Stop me if you've heard this one before. I know it's starting to sound like a broken record, but you might want to hold off on the latest Windows 10 update.
We always advise users to apply security updates right way, but in light of Microsoft's track record with its recent Windows patches, we can't blame you if you're a bit apprehensive about updating your Windows machine now.
Yep, yet again, it looks like the latest patch which was supposed to fix various issues has introduced its own set of problems. Read on and see if you're affected and what you can do about it.
Latest Windows update is severely degrading performance
The most recent cumulative update for Windows 10, KB4482887, was supposed to bring improvements, security patches and fixes for a variety of system issues.
Issued out-of-band and separate from its regular Patch Tuesday cycle, one of the most important fixes in this update is the "Retpoline" patch for the Spectre chip flaw mitigations which would've helped boost the performance of affected machines.
However, as expected with most Windows updates lately, it looks like the patch itself introduced a whole new set of issues and broke Windows 10 for many users.
According to multiple user reports, the update is degrading the performance of certain games and is causing severe graphics and mouse issues. Note: Among the games affected are Destiny 2, Apex Legends, Call of Duty: Modern Warfare and Sea of Thieves.
So if you've updated your Windows 10 machine recently and you started noticing that your mouse and your games are acting abnormally, you are not alone.
Microsoft confirmed this problem in its release notes for the update and it stated that it's working on another update to fix the issues. In the meantime, the company is also advising the affected users to uninstall the botched update (KB4482887) to reverse the adverse effects.

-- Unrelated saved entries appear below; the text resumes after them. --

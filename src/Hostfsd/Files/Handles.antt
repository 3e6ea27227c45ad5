-- ===== src/Hostfsd/Files/Handles.antt =====
-- Which handle numbers are valid after OPEN, CREATE and CLOSE.
use shinogi.Base.{
  ℕ, ◌+◌, ◌-◌, ◌<◌, Bool, true, false, List, none, some, ◌≡◌, ◌≢◌, inl, inr, refl, ap, arith, Bytes,
  length, get_elem?, set, get_elem?-set_self, ◌==◌, Bool-cases, Option-cases,
}
use shinogi.Base.Result.{Result-cases}
use shinogi.Hostfsd.Config.{Config}
use shinogi.Hostfsd.Daemon.{
  max_files, FileHandle, Daemon, errno_to_gemdos, free_file, used_file, file_of,
}
use shinogi.Hostfsd.Daemon.Tables.{
  free_file-is_free, free_file-le, file_of-slot, file_of-set_self, file_of-set_ne,
}
use shinogi.Hostfsd.Files.{
  open_flags, open_mode, is_directory, take_slot, open_resolved, open_op, close_op,
}
use shinogi.Hostfsd.Host.{
  Errno, enoent, enotdir, enametoolong, eloop, emfile, enfile, enomem, einval, erofs, other, Host,
}
use shinogi.Hostfsd.Path.{resolve_path}
use shinogi.Hostfsd.Path.Contained.{resolve_path-error}
use shinogi.Hostfsd.Proto.{Status, e_ok, epthnf}

-- The handle `h` was not valid and is; every other one stands for what it stood for.
pub record Opens {Os : Type 0} (d d' : Daemon Os) (h : ℕ) : Type 0 where
  pub before : file_of d.files h ≡ none
  pub fd : ℕ
  pub after : file_of d'.files h ≡ some (record { used = true; fd = fd; dirty = false })
  pub others : (x : ℕ) → x ≢ h → file_of d'.files x ≡ file_of d.files x

-- The handle `h` was valid and is not; every other one stands for what it stood for.
pub record Closes {Os : Type 0} (d d' : Daemon Os) (h : ℕ) : Type 0 where
  pub file : FileHandle
  pub before : file_of d.files h ≡ some file
  pub after : file_of d'.files h ≡ none
  pub others : (x : ℕ) → x ≢ h → file_of d'.files x ≡ file_of d.files x

file_of-free :
    (fs : List FileHandle) (i : ℕ) (f : FileHandle)
    → get_elem? fs i ≡ some f
    → f.used ≡ false
    → file_of fs (i + 1) ≡ none
unfolding file_of used_file
file_of-free fs i f at free =
    let back : i + 1 - 1 ≡ i = omega arith in ground (arith, at, ap (get_elem? fs) back)

module _ (H : Host) (cfg : Config) (d : Daemon H.Os) where
  take_slot-Opens :
      (fd : ℕ) (os : H.Os)
      → length d.files ≡ max_files
      → free_file d.files < max_files
      → (take_slot H (free_file d.files) fd (record d { os = os })).0.status ≡ e_ok
      → let r = take_slot H (free_file d.files) fd (record d { os = os }) in Opens d r.1 r.0.ra
  unfolding take_slot
  take_slot-Opens fd os size room h = elim (Bool-cases (is_directory (H.fstat os fd))) [
    | inl dir ↦ absurd (ground arith)
    | inr file ↦
        let i = free_file d.files in
        let g : FileHandle = record { used = true; fd = fd; dirty = false } in
        let (f, at, free) = free_file-is_free d.files (omega (arith, size, room)) in
        rw (file, take_slot)
          (record {
            before = file_of-free d.files i f at free;
            fd = fd;
            after = file_of-set_self d.files i g (omega (arith, size, room)) size refl;
            others = λ x ne. file_of-set_ne d.files i x g ne;
          })
  ]

  open_resolved-Opens :
      (creating : Bool) (a : ℕ) (path : Bytes)
      → length d.files ≡ max_files
      → (open_resolved H creating a path d).0.status ≡ e_ok
      → Opens d (open_resolved H creating a path d).1 (open_resolved H creating a path d).0.ra
  unfolding open_resolved errno_to_gemdos
  open_resolved-Opens creating a path size h = elim (Bool-cases (free_file d.files == max_files)) [
    | inl full ↦ absurd (ground arith)
    | inr room ↦
        let opened = H.open_file path (open_flags creating a) (open_mode creating a) d.os in
        elim (Result-cases opened.0) [
          | inr (e, m) ↦ absurd (failed e (rw (room, m, open_resolved) at h))
          | inl (fd, m) ↦
              rw (room, m, open_resolved)
                (take_slot-Opens fd opened.1 size (ground (arith, free_file-le d.files, size))
                  (rw (room, m, open_resolved) at h))
        ]
  ]
    where
      failed : (e : Errno) → errno_to_gemdos e ≢ e_ok
      failed enoent h = cc
      failed enotdir h = cc
      failed enametoolong h = cc
      failed eloop h = cc
      failed emfile h = cc
      failed enfile h = cc
      failed enomem h = cc
      failed einval h = cc
      failed erofs h = cc
      failed (other n) h = cc

  -- An OPEN or CREATE that succeeds returns a handle that was not valid before; it stands for a
  -- file with nothing to flush, and every other handle stands for what it stood for.
  pub open_op-Opens :
      (creating : Bool) (a : ℕ) (payload : Bytes)
      → length d.files ≡ max_files
      → (open_op H cfg creating a payload d).0.status ≡ e_ok
      → Opens d (open_op H cfg creating a payload d).1 (open_op H cfg creating a payload d).0.ra
  unfolding open_op
  open_op-Opens creating a payload size h =
      elim (Result-cases (resolve_path H d.os cfg.root payload)) [
        | inr (e, m) ↦
            absurd (refused e (resolve_path-error H d.os cfg.root payload m) (rw (m, open_op) at h))
        | inl (path, m) ↦
            rw (m, open_op) (open_resolved-Opens creating a path size (rw (m, open_op) at h))
      ]
    where
      refused : (e : Status) → e ≡ epthnf → e ≢ e_ok
      refused e p q = cc

  -- A CLOSE that succeeds was for a valid handle, and makes it and no other one invalid.
  pub close_op-Closes :
      (a : ℕ)
      → length d.files ≡ max_files
      → (close_op H a d).0.status ≡ e_ok
      → Closes d (close_op H a d).1 a
  unfolding close_op
  close_op-Closes a size h = elim (Option-cases (file_of d.files a)) [
    | inl e ↦ absurd (ground arith)
    | inr (f, e) ↦
        let (low, high, at, used) = file_of-slot d.files a e in
        let g : FileHandle = record f { used = false; dirty = false } in
        let back : a - 1 + 1 ≡ a = omega (arith, low) in
        let there = get_elem?-set_self d.files (a - 1) g (omega (arith, low, high, size)) in
        rw (e, close_op)
          (record {
            file = f;
            before = e;
            after = rw back at (file_of-free (set d.files (a - 1) g) (a - 1) g there refl);
            others = λ x ne. file_of-set_ne d.files (a - 1) x g (ground (arith, ne, back));
          })
  ]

Hopefully, the fix will arrive in this month's Patch Tuesday. This day, which usually falls on the second Tuesday of each month, is when Microsoft regularly rolls out its software updates.
How to uninstall the botched update
To uninstall KB4482887 (or any recent Windows 10 update), open your system's Settings >> select Update & Security >> Click on Windows Update.
Here, click on Update History to see a list of all the recent updates that were applied recently. Now, click the "Uninstall updates" link.
The familiar "Uninstall an update" page on the Control Panel will now open. To uninstall this particular update, look for KB4482887 then click its Uninstall button. Click "Yes" to confirm then restart your system.
How to delay Windows Updates
With all the issues that surround each release, do you want to adopt a wait-and-see attitude with Windows updates? Here are various ways you stop or slow down automatic Windows updates.
Windows 7 or 8.1
It's quite simple to stop Automatic Updates on Windows 7 or 8.1. Just go to Start >> Control Panel >> System and Security then click "Turn automatic updating on or off" under the Windows Update section. Just set this setting to "Never check for updates (not recommended)" then click OK.
Windows 10 Pro or Enterprise
If you have Windows 10 Pro or Enterprise, you can defer or postpone for a few months.
To adjust this schedule, click the "Update & security icon" under Settings and go to the "Windows Update" tab. You'll see what updates are available.
Here you can tweak your "Active hours" (times you commonly use your computer) and Restart options. Adjust these times so as not to interfere with your daily routine. Under "Advanced options," for more automated updates, you can choose to have other Microsoft apps to update with Windows.
Then there's the "Defer feature update" option to postpone certain updates. Don't worry if you can't find this option if you have the Windows 10 Home version since deferring updates only works for the Pro and Enterprise versions of Windows 10.
Windows 10 Home Edition - use Metered Connection
With the Windows 10 Home Edition, there's no real way to turn off Automatic Updates.
Windows 10 Home users are limited to what they can do with updates but you can slow them down by toggling Metered Connection to "On" under your Network settings.
Since a Metered Connection is designed to save bandwidth, Windows won't automatically download the updates.
Here's how you do this:
- Search for "Change Wi-Fi settings" on your taskbar.
- Click on "Advanced Options."
- Toggle "Metered connection" to On.
Keep in mind that this only works if you're connected via Wi-Fi. If your computer is connected via Ethernet cable, you'll have to switch to a Wi-Fi connection to get the Metered connection option.